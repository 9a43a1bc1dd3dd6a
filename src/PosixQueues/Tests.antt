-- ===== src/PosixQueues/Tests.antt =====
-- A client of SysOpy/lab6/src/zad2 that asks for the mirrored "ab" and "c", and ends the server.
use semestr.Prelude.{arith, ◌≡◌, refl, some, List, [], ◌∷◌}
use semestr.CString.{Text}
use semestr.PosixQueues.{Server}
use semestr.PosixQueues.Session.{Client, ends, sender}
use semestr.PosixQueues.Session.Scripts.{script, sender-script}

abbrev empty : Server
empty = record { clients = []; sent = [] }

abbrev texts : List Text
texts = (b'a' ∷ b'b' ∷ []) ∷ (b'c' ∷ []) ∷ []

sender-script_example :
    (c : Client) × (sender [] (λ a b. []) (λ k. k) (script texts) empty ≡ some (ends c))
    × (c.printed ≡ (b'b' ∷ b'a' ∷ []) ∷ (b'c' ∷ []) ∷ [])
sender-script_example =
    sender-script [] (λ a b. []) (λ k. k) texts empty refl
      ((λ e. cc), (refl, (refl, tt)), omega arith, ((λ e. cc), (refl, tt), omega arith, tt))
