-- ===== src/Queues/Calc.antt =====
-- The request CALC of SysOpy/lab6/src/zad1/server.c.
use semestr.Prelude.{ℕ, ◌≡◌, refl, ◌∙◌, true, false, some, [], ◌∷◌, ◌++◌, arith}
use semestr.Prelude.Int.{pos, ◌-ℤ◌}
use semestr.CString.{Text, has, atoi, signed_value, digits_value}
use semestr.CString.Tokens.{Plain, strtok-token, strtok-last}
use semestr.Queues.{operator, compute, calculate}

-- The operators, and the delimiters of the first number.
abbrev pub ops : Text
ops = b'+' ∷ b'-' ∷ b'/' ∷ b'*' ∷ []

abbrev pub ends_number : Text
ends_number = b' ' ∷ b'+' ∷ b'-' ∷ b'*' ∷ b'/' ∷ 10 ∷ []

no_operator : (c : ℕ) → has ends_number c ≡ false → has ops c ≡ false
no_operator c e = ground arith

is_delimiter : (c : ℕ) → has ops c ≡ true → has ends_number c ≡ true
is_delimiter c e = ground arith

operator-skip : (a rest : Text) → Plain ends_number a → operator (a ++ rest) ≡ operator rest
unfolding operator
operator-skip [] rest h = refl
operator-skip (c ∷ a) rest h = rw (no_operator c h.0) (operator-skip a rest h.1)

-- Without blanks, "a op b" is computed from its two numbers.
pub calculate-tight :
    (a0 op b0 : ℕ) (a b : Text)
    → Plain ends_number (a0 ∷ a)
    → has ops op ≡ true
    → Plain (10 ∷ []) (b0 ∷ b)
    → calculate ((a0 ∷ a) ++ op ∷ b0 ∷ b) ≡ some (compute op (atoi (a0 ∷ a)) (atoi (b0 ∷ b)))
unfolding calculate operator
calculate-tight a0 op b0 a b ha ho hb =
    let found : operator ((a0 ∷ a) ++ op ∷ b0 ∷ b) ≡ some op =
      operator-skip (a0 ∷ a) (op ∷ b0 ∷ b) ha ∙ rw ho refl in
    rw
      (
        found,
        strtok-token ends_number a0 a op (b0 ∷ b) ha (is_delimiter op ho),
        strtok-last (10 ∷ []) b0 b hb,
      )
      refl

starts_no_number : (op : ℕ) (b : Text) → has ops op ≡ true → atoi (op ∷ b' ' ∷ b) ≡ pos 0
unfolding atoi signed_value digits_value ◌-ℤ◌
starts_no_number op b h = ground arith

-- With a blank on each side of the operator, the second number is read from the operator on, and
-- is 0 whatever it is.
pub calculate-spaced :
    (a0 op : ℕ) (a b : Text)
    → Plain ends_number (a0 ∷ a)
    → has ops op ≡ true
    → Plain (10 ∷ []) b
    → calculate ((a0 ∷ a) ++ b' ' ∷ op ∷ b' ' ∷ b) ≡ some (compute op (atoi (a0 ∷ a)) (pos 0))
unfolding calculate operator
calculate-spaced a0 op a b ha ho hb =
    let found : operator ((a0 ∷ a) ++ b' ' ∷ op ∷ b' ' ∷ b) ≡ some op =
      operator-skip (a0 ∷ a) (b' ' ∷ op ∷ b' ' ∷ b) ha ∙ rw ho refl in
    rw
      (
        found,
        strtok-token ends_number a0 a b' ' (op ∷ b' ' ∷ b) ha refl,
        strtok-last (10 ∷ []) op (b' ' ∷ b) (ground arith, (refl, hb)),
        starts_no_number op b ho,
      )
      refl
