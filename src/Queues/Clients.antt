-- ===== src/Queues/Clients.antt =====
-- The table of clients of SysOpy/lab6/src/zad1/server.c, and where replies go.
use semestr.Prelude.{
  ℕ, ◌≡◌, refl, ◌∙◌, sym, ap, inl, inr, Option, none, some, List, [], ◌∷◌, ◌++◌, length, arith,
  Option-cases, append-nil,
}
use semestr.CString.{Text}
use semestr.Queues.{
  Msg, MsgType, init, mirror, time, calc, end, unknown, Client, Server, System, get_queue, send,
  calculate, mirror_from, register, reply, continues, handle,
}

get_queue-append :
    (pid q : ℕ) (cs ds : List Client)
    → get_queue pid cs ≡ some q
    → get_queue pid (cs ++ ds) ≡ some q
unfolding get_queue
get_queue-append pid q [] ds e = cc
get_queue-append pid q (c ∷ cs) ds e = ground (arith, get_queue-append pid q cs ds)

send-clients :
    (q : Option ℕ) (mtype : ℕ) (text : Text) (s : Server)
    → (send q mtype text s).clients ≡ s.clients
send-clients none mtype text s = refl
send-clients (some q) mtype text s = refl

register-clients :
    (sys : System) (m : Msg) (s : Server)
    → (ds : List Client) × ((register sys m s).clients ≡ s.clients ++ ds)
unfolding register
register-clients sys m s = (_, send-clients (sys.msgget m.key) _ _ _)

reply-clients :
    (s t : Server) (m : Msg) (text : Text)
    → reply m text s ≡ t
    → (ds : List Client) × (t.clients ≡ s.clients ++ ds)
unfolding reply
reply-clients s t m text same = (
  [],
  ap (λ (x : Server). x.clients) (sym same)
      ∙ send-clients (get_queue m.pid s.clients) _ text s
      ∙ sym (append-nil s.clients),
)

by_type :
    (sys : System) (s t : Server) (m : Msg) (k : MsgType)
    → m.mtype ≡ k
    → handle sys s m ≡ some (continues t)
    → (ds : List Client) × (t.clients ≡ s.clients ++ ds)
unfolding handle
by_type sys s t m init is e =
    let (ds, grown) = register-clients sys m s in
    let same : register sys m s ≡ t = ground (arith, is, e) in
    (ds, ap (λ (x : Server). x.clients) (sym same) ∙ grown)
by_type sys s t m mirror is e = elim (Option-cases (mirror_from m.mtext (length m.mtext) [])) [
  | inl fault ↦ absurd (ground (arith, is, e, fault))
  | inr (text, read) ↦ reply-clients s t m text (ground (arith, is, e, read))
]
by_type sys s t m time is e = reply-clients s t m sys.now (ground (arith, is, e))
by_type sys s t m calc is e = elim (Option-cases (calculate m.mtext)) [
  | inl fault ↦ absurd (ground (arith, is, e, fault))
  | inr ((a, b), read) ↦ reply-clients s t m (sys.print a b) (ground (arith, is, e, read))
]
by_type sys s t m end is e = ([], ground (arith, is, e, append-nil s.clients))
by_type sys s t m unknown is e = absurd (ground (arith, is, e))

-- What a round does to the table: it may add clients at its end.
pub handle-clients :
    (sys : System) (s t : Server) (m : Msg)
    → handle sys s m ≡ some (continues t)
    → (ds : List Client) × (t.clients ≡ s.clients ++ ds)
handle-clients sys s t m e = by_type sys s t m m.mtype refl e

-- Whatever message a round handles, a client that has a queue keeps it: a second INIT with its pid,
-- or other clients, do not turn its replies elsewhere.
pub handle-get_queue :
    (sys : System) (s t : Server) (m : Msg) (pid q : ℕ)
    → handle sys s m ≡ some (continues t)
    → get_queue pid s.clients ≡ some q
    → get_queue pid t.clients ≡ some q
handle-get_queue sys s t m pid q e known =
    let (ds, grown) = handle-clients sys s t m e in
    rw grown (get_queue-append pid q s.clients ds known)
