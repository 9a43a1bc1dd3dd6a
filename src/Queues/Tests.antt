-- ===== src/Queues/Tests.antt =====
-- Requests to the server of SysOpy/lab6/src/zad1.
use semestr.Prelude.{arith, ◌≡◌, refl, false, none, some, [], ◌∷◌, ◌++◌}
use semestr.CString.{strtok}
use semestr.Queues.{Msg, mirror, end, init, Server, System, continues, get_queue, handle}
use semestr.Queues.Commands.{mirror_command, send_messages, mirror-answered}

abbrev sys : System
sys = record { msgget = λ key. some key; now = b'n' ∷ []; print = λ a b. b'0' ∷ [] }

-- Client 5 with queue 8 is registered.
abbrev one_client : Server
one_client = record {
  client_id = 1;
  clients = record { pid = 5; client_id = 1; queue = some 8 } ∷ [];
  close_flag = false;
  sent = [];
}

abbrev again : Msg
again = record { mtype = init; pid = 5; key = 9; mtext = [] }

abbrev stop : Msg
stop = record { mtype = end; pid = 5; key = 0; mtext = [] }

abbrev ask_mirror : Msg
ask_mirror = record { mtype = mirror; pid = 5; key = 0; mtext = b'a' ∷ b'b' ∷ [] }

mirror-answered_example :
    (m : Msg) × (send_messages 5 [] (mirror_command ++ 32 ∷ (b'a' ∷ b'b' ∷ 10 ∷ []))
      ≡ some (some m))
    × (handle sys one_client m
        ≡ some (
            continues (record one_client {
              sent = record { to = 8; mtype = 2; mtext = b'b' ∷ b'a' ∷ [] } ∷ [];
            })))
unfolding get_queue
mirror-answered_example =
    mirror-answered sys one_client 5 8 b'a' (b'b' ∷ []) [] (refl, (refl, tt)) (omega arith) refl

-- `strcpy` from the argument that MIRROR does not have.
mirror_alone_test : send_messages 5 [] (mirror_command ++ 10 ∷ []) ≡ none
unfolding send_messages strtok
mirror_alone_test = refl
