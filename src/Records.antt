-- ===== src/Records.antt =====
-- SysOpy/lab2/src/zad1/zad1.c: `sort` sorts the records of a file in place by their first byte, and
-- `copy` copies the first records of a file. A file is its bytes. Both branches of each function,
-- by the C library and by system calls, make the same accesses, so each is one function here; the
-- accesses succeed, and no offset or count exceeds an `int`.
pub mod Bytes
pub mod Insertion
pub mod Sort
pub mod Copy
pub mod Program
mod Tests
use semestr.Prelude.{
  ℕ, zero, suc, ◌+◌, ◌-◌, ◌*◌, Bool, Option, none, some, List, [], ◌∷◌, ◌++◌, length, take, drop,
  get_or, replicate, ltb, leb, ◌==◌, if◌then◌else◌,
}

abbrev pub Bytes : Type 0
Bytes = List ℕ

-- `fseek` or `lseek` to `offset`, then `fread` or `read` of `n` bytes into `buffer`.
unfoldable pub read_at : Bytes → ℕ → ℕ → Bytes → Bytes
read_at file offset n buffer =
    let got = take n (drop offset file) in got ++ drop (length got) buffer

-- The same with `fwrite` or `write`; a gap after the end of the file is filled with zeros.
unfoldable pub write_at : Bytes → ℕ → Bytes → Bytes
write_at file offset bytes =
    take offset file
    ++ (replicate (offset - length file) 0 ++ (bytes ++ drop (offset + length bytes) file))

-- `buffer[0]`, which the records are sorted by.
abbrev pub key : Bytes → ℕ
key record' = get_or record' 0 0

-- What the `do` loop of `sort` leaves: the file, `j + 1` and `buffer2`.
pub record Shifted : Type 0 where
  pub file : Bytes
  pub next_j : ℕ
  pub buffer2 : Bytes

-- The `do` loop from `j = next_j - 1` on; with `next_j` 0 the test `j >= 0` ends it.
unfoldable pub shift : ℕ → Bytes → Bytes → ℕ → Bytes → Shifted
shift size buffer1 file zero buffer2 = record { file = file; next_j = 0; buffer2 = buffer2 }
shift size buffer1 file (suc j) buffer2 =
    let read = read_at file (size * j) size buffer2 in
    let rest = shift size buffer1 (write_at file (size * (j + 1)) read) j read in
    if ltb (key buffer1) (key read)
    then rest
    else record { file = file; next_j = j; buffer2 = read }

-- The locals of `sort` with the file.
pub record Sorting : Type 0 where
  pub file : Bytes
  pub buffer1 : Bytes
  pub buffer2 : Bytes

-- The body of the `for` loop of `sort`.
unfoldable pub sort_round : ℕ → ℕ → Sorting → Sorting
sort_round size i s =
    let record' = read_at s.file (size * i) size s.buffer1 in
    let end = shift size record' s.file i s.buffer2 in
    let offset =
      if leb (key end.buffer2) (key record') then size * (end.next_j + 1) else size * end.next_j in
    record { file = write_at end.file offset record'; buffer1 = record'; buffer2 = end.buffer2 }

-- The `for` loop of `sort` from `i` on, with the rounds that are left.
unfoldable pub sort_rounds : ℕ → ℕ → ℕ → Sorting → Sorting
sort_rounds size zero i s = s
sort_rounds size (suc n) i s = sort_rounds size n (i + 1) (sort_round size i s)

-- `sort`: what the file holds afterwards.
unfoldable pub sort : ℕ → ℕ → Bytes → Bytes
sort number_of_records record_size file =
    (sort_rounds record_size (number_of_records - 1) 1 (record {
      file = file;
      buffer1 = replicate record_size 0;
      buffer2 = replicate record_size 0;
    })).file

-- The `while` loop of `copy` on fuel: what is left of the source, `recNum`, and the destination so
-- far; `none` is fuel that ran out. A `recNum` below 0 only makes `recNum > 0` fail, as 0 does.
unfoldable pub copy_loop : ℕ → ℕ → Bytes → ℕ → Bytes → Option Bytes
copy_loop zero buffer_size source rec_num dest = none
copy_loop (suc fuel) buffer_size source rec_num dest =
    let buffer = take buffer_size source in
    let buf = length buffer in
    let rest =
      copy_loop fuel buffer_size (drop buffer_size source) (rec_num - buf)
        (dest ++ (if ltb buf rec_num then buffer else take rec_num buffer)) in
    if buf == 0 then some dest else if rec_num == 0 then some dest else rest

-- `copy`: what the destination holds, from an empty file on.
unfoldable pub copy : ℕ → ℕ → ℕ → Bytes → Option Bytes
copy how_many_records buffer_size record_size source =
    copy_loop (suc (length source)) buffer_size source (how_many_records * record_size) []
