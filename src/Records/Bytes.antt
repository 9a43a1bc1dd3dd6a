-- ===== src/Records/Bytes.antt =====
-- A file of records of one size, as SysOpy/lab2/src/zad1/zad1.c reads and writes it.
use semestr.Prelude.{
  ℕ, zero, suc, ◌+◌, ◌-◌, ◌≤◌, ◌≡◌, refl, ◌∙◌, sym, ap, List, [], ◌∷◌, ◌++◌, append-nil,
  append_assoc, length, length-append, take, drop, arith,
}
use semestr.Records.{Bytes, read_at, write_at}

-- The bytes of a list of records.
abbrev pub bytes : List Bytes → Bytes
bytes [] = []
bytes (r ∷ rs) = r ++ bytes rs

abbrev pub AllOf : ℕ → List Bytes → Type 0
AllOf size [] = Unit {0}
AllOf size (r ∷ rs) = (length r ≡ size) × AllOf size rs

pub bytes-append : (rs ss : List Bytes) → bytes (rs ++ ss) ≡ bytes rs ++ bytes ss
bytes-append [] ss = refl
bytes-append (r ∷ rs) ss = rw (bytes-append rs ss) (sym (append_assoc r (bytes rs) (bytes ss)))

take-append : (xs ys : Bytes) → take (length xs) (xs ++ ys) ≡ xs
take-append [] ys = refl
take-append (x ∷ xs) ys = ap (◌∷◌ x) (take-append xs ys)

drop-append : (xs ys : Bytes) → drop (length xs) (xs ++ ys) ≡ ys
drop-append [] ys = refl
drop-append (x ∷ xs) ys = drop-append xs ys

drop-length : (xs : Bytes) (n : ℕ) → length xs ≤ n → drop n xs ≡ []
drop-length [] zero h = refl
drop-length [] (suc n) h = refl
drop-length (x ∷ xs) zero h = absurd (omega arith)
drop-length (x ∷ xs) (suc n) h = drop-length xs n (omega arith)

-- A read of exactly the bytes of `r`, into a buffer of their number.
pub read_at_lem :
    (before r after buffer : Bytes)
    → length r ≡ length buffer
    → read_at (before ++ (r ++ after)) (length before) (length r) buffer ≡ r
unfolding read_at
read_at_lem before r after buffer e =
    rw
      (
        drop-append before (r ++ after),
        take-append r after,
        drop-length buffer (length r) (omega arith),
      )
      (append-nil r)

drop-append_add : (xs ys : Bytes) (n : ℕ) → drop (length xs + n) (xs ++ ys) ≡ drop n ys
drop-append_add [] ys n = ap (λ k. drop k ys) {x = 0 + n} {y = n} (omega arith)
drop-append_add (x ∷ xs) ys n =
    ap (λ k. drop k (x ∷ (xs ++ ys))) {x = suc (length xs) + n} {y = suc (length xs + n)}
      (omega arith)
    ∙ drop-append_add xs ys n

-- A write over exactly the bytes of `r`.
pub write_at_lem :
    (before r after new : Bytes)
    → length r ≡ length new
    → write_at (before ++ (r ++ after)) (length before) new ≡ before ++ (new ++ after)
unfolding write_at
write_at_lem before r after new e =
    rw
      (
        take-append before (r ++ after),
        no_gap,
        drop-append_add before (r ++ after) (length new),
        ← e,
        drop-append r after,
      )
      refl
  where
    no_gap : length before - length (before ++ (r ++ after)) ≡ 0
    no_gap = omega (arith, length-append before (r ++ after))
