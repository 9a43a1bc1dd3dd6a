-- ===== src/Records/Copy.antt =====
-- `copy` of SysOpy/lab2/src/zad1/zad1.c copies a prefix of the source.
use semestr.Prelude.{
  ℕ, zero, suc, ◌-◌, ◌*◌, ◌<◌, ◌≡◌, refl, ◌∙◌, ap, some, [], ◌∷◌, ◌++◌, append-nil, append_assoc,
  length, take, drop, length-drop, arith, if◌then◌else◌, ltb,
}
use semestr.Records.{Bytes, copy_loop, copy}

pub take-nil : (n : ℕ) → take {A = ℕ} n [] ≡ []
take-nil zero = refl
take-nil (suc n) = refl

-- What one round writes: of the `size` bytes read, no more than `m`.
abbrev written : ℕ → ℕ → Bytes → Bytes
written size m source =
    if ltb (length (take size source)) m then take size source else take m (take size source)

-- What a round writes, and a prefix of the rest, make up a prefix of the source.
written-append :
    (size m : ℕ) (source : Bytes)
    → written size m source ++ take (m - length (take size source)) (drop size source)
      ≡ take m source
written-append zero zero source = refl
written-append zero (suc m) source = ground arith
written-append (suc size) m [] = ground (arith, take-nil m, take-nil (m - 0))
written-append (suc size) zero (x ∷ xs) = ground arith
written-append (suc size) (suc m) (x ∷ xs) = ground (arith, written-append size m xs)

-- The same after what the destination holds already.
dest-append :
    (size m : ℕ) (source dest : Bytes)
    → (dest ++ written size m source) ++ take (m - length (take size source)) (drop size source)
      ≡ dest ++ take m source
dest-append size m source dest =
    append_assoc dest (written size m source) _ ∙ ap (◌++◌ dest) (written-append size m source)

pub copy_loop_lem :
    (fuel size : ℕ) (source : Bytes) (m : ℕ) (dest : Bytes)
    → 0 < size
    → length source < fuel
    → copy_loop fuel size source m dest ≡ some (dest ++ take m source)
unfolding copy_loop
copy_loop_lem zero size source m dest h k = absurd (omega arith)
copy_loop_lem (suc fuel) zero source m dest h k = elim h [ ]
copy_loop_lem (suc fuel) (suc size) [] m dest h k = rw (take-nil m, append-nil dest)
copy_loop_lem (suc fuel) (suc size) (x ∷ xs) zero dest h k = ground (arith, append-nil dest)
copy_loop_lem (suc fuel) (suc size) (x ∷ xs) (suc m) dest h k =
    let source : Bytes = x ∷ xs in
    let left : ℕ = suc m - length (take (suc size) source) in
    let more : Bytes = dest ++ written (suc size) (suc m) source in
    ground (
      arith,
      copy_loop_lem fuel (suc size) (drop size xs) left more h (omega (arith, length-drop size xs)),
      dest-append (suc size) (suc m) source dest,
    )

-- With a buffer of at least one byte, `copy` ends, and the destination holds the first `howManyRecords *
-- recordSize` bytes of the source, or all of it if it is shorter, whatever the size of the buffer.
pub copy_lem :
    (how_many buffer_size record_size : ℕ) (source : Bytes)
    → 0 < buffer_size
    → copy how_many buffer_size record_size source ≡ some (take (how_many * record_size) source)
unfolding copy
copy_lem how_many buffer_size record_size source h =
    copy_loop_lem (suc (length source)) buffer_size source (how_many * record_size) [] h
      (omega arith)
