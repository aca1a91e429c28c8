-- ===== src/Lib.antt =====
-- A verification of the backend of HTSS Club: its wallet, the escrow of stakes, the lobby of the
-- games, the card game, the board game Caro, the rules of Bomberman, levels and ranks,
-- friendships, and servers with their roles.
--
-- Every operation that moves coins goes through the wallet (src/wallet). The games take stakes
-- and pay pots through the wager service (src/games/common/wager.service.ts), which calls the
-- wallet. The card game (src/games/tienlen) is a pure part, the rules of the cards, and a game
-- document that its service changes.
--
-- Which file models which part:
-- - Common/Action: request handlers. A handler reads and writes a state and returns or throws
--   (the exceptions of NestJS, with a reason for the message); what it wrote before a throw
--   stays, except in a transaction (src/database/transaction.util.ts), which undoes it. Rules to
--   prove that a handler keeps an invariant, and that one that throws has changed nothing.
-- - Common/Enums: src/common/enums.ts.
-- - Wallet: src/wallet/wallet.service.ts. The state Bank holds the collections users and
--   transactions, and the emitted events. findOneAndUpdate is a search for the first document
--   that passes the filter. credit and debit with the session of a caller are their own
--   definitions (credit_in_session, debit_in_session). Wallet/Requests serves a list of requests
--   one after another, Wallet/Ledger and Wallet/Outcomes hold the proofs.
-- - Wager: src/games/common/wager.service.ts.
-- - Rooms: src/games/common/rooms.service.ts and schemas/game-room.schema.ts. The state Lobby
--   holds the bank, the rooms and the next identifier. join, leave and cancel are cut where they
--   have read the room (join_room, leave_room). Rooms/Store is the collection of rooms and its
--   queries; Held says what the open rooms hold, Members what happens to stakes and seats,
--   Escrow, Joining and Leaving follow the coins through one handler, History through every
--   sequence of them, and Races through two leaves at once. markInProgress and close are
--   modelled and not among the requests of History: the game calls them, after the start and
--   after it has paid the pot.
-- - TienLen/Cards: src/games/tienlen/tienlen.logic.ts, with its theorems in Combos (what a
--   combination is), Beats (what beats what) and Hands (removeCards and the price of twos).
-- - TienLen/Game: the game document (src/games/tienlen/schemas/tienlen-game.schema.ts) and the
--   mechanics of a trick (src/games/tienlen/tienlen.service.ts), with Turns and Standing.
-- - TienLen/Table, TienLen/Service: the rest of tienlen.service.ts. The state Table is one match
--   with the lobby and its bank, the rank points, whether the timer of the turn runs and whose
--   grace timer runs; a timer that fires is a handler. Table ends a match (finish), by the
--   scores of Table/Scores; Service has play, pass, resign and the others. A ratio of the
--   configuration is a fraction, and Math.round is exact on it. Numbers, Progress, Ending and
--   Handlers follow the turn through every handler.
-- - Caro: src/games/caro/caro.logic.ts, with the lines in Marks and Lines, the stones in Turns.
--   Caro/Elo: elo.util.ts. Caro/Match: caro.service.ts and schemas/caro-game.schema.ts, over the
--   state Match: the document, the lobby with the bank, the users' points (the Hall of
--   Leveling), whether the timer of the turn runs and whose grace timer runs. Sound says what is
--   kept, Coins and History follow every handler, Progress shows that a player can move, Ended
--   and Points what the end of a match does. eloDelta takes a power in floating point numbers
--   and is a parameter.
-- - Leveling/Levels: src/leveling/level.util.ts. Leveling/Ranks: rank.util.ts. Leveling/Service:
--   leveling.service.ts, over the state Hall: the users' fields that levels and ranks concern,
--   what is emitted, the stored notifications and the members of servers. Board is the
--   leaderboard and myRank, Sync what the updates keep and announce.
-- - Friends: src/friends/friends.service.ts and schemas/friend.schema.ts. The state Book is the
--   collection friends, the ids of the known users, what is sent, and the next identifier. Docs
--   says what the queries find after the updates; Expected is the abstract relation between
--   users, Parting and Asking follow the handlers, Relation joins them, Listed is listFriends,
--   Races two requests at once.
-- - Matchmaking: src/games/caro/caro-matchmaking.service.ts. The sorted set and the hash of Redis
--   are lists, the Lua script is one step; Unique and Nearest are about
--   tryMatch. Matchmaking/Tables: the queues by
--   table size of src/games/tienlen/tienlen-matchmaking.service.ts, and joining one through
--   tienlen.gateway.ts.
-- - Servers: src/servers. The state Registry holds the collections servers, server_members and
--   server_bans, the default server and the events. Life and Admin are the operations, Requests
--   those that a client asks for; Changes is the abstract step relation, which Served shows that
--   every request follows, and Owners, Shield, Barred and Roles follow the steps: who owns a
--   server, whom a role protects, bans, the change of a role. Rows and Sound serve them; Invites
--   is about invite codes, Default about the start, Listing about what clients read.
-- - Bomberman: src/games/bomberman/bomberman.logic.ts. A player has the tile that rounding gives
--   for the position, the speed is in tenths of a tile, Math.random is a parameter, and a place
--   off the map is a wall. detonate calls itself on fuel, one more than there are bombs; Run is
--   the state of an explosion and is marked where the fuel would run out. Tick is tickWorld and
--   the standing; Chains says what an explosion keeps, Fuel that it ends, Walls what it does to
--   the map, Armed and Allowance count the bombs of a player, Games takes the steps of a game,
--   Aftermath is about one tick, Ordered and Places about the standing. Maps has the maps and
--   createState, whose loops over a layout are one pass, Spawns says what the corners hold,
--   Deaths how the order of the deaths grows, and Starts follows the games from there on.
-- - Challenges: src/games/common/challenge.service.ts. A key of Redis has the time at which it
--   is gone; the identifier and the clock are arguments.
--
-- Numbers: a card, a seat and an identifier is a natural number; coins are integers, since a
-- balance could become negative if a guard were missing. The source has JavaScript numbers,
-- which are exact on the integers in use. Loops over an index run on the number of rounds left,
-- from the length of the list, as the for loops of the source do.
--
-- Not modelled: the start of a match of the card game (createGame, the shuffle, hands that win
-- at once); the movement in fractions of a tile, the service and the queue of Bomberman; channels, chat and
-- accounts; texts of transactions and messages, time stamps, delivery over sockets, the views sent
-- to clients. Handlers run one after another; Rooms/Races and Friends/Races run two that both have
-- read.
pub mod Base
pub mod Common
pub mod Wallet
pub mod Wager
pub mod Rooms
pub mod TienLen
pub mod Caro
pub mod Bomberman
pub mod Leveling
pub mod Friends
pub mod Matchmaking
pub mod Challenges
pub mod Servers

------------------------------------------------------------

**EXERCISE**
Lines from the top of the entries through the line with "ends_number = b'" are to be transcribed exactly, and nothing more.

**SOLUTION FOR THIS TASK**
repository 9a43a1bc1dd3dd6a
filename src/PosixQueues/Tests.antt
-- ===== src/PosixQueues/Tests.antt =====
-- A client of SysOpy/lab6/src/zad2 that asks for the mirrored "ab" and "c", and ends the server.
use semestr.Prelude.{arith, ◌≡◌, refl, some, List, [], ◌∷◌}
use semestr.CString.{Text}
use semestr.PosixQueues.{Server}
use semestr.PosixQueues.Session.{Client, ends, sender}
use semestr.PosixQueues.Session.Scripts.{script, sender-script}

abbrev empty : Server
empty = record { clients = []; sent = [] }

abbrev texts : List Text
texts = (b'a' ∷ b'b' ∷ []) ∷ (b'c' ∷ []) ∷ []

sender-script_example :
    (c : Client) × (sender [] (λ a b. []) (λ k. k) (script texts) empty ≡ some (ends c))
    × (c.printed ≡ (b'b' ∷ b'a' ∷ []) ∷ (b'c' ∷ []) ∷ [])
sender-script_example =
    sender-script [] (λ a b. []) (λ k. k) texts empty refl
      ((λ e. cc), (refl, (refl, tt)), omega arith, ((λ e. cc), (refl, tt), omega arith, tt))
-- ===== src/Queues/Calc.antt =====
-- The request CALC of SysOpy/lab6/src/zad1/server.c.
use semestr.Prelude.{ℕ, ◌≡◌, refl, ◌∙◌, true, false, some, [], ◌∷◌, ◌++◌, arith}
use semestr.Prelude.Int.{pos, ◌-ℤ◌}
use semestr.CString.{Text, has, atoi, signed_value, digits_value}
use semestr.CString.Tokens.{Plain, strtok-token, strtok-last}
use semestr.Queues.{operator, compute, calculate}

-- The operators, and the delimiters of the first number.
abbrev pub ops : Text
ops = b'+' ∷ b'-' ∷ b'/' ∷ b'*' ∷ []

abbrev pub ends_number : Text
ends_number = b' ' ∷ b'+' ∷ b'-' ∷ b'*' ∷ b'/' ∷ 10 ∷ []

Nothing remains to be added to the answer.